** Opening Material for the task block **
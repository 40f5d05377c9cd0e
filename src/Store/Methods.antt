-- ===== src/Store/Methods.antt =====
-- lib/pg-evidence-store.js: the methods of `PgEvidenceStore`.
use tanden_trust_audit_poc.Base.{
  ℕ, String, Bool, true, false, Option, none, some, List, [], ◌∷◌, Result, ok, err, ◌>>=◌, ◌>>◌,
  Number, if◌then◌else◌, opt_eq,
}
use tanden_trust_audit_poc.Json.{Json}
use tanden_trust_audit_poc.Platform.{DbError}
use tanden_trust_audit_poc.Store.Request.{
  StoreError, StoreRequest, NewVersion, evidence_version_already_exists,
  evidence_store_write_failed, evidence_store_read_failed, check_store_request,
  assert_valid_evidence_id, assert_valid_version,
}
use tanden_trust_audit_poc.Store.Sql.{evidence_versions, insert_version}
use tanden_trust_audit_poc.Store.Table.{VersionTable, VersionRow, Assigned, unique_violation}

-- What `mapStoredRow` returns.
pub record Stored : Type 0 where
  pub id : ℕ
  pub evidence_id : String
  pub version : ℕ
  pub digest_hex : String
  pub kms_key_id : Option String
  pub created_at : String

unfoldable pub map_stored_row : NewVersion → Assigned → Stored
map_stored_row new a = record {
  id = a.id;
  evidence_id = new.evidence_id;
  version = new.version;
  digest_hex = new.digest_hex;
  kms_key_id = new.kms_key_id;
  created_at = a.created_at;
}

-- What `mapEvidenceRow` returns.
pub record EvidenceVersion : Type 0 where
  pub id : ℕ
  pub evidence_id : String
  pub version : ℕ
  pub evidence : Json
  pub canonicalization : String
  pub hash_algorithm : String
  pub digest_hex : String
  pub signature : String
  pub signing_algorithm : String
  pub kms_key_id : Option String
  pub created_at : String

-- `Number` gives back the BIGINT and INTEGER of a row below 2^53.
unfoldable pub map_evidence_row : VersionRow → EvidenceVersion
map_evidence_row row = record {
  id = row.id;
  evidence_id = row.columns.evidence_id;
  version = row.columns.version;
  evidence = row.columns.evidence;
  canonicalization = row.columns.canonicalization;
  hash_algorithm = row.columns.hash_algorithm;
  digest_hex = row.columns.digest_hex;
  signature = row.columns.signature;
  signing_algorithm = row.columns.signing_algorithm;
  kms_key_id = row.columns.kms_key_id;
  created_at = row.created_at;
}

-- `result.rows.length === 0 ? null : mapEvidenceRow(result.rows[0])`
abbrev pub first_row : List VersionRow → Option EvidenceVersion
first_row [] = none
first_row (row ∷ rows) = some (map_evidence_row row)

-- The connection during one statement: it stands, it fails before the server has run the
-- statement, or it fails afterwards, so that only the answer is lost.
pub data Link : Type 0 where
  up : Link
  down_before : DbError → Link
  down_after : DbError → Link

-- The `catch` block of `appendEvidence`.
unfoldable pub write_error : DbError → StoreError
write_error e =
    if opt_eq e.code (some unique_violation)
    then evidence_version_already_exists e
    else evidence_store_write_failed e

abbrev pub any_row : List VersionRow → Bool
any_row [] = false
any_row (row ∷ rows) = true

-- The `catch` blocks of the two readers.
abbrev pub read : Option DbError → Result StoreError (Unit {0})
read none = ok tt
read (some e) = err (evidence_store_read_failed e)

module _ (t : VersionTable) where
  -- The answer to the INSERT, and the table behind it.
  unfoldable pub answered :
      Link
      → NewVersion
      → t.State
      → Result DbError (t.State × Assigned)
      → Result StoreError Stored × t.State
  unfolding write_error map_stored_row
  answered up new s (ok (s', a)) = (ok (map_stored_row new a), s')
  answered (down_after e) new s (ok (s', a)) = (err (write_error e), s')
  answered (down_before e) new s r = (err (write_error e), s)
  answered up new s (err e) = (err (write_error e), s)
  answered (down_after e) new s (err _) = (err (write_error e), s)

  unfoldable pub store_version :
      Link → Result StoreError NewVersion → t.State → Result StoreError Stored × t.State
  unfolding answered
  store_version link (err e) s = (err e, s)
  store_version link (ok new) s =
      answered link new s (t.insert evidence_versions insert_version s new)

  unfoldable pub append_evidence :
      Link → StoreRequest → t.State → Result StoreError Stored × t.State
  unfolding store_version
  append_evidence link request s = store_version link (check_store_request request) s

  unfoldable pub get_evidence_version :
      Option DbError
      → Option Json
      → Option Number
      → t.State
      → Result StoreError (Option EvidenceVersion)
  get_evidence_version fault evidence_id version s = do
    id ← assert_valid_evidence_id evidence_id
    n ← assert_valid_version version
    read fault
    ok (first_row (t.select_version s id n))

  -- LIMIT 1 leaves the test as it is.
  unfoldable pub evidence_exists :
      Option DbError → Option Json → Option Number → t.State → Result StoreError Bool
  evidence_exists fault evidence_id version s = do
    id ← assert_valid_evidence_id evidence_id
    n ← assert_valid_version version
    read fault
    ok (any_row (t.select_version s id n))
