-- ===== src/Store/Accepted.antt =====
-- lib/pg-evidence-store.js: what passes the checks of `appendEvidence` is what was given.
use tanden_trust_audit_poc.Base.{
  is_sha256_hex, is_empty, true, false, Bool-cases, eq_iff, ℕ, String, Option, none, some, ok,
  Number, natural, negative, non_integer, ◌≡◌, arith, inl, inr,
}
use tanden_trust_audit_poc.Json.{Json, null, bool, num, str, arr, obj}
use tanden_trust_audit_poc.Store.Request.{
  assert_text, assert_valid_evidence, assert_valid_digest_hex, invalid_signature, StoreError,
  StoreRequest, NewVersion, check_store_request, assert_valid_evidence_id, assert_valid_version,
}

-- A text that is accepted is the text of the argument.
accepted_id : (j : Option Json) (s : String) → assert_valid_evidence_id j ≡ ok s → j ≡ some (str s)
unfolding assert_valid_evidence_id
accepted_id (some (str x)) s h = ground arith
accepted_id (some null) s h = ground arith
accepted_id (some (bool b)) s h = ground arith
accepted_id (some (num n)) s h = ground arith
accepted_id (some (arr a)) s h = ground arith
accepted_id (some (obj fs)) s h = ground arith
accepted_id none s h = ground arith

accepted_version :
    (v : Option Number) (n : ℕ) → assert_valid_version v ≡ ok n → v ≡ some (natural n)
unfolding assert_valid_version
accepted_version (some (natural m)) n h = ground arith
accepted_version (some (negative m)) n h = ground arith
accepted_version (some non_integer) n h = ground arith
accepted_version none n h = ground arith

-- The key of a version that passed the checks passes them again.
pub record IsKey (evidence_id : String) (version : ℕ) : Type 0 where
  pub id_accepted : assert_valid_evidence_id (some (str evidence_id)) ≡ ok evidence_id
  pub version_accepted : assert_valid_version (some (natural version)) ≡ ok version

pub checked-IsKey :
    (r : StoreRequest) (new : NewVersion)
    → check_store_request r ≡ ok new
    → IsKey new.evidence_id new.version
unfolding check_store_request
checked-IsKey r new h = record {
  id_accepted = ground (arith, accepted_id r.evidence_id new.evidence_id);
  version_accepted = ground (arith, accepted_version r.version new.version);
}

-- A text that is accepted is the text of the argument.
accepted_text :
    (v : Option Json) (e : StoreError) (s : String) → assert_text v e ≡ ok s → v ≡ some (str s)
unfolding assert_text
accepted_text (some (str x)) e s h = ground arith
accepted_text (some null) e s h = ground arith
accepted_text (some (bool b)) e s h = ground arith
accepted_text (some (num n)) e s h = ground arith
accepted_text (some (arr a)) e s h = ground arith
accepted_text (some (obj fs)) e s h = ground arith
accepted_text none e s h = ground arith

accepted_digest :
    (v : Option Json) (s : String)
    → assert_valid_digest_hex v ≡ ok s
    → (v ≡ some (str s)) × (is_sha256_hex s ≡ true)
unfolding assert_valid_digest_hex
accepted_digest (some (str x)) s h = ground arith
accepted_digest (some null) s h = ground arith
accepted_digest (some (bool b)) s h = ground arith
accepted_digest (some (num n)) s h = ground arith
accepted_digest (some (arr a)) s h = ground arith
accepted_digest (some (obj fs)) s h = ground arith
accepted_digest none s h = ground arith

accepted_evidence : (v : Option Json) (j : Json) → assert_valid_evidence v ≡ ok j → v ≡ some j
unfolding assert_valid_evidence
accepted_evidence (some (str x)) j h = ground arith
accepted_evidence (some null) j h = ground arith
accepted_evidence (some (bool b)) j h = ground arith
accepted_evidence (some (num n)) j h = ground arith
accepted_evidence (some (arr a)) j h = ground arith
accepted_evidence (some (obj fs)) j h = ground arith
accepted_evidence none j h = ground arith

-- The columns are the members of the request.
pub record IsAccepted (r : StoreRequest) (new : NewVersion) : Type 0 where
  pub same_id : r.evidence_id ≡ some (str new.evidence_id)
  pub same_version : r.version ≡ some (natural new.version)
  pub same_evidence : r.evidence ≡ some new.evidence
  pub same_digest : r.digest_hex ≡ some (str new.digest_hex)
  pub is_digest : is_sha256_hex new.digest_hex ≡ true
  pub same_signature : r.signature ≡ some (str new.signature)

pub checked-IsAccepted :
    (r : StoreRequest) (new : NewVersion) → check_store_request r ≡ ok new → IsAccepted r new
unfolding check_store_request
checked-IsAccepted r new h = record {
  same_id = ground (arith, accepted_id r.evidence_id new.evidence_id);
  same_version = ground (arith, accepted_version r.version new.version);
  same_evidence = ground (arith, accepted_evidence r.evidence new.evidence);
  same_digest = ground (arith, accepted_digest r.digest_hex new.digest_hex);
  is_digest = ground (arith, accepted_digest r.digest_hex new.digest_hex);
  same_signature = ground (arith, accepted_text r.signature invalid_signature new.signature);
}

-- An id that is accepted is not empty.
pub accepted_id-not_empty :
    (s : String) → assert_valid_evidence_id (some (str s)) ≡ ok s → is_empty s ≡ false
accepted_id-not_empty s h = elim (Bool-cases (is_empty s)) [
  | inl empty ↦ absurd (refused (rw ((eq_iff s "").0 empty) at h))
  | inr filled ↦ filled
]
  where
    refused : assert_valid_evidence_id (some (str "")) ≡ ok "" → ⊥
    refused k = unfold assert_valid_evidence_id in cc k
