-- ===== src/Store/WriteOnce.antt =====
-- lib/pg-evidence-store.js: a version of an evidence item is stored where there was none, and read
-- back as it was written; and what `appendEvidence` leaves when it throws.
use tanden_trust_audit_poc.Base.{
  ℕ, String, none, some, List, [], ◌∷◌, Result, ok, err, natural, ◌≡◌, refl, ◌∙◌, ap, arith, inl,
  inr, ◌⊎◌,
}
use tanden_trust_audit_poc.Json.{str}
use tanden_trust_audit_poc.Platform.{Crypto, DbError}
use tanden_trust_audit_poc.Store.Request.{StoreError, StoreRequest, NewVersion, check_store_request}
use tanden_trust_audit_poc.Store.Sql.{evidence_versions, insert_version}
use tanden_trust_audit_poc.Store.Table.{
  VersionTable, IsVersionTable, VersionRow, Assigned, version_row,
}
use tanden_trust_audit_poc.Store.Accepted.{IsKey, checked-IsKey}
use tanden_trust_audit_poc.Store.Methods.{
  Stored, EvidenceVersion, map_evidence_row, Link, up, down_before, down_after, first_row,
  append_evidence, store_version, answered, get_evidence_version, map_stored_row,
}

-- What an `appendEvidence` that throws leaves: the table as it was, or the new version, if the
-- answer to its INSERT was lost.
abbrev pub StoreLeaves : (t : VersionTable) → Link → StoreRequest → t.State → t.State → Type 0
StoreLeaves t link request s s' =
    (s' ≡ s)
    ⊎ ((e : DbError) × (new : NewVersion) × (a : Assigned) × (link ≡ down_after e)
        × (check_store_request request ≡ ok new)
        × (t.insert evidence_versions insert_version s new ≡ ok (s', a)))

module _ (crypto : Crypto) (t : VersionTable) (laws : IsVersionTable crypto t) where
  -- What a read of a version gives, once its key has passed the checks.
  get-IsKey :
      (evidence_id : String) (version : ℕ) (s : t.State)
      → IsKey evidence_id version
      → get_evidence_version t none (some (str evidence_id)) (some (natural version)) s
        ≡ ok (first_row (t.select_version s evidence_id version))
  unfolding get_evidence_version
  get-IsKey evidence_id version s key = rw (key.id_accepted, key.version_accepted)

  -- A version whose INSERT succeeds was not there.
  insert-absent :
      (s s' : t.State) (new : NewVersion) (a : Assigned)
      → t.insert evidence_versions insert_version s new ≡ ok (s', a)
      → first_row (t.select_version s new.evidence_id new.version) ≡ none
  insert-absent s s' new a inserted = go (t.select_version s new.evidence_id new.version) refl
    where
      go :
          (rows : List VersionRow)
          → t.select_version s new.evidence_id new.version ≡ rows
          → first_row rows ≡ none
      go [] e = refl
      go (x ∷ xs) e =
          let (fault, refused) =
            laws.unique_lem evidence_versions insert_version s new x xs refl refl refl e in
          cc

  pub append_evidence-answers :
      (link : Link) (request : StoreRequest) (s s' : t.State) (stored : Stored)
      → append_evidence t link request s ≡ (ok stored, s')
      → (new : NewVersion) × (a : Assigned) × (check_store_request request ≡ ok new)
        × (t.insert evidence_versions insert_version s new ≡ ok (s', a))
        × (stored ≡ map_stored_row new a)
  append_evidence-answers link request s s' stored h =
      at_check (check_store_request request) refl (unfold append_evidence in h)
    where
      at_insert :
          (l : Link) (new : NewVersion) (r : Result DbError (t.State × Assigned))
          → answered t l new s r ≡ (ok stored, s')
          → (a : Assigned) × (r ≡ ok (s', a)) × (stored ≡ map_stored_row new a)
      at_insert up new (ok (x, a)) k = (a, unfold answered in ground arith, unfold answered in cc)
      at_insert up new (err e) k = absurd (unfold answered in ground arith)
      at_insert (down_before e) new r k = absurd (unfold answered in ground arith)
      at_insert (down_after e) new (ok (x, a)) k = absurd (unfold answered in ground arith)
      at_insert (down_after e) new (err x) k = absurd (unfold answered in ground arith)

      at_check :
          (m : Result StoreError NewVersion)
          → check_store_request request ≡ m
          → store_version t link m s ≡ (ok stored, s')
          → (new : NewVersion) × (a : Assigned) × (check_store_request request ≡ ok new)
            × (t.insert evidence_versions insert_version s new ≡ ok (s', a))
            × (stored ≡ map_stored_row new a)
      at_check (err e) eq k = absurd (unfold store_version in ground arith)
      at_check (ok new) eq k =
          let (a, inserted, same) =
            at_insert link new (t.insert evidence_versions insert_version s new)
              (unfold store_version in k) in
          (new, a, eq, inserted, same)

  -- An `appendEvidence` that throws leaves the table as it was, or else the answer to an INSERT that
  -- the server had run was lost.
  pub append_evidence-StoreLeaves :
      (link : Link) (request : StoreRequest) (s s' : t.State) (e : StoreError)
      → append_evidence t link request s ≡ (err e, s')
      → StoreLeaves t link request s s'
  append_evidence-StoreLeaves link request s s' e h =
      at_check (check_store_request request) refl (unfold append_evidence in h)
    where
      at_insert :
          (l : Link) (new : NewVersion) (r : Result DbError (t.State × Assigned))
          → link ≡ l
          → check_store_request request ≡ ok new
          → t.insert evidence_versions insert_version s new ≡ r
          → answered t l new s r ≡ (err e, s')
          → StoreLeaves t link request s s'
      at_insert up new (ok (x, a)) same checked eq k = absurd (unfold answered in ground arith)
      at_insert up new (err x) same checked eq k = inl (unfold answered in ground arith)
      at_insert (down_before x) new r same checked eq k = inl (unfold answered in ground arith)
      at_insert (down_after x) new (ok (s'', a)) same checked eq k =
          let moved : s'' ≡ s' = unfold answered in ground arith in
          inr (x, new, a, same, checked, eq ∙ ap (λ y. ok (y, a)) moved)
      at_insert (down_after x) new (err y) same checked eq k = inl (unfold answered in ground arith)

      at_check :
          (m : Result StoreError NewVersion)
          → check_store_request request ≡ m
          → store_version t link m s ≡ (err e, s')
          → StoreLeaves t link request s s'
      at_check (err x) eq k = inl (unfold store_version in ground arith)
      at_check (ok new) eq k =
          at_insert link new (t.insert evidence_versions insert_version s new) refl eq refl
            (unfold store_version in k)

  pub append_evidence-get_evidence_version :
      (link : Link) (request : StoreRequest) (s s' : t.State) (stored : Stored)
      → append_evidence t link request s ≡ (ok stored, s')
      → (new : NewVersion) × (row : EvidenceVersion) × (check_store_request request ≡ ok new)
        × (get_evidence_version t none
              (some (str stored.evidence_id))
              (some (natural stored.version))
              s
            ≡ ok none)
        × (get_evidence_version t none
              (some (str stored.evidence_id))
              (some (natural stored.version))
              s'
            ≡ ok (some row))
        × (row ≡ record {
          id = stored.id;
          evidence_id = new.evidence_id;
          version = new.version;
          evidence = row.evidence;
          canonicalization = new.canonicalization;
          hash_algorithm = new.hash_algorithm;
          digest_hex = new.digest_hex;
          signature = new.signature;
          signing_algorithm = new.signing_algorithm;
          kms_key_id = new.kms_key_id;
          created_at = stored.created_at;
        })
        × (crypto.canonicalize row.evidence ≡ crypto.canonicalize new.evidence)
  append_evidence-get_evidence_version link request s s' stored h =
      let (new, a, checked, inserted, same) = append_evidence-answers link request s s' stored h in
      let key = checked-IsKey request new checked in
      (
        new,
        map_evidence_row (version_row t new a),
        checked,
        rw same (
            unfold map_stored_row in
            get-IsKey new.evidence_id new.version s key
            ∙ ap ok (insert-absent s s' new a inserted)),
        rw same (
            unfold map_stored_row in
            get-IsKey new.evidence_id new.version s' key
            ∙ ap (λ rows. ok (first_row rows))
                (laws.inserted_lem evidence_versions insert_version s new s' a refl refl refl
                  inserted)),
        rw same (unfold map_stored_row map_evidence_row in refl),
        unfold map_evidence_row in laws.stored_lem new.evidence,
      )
** Closing Material for the task block **
Exercise directions:
Show the lines above with "canonicalization".

Answer area:
  pub canonicalization : String
  canonicalization = row.columns.canonicalization;
          canonicalization = new.canonicalization;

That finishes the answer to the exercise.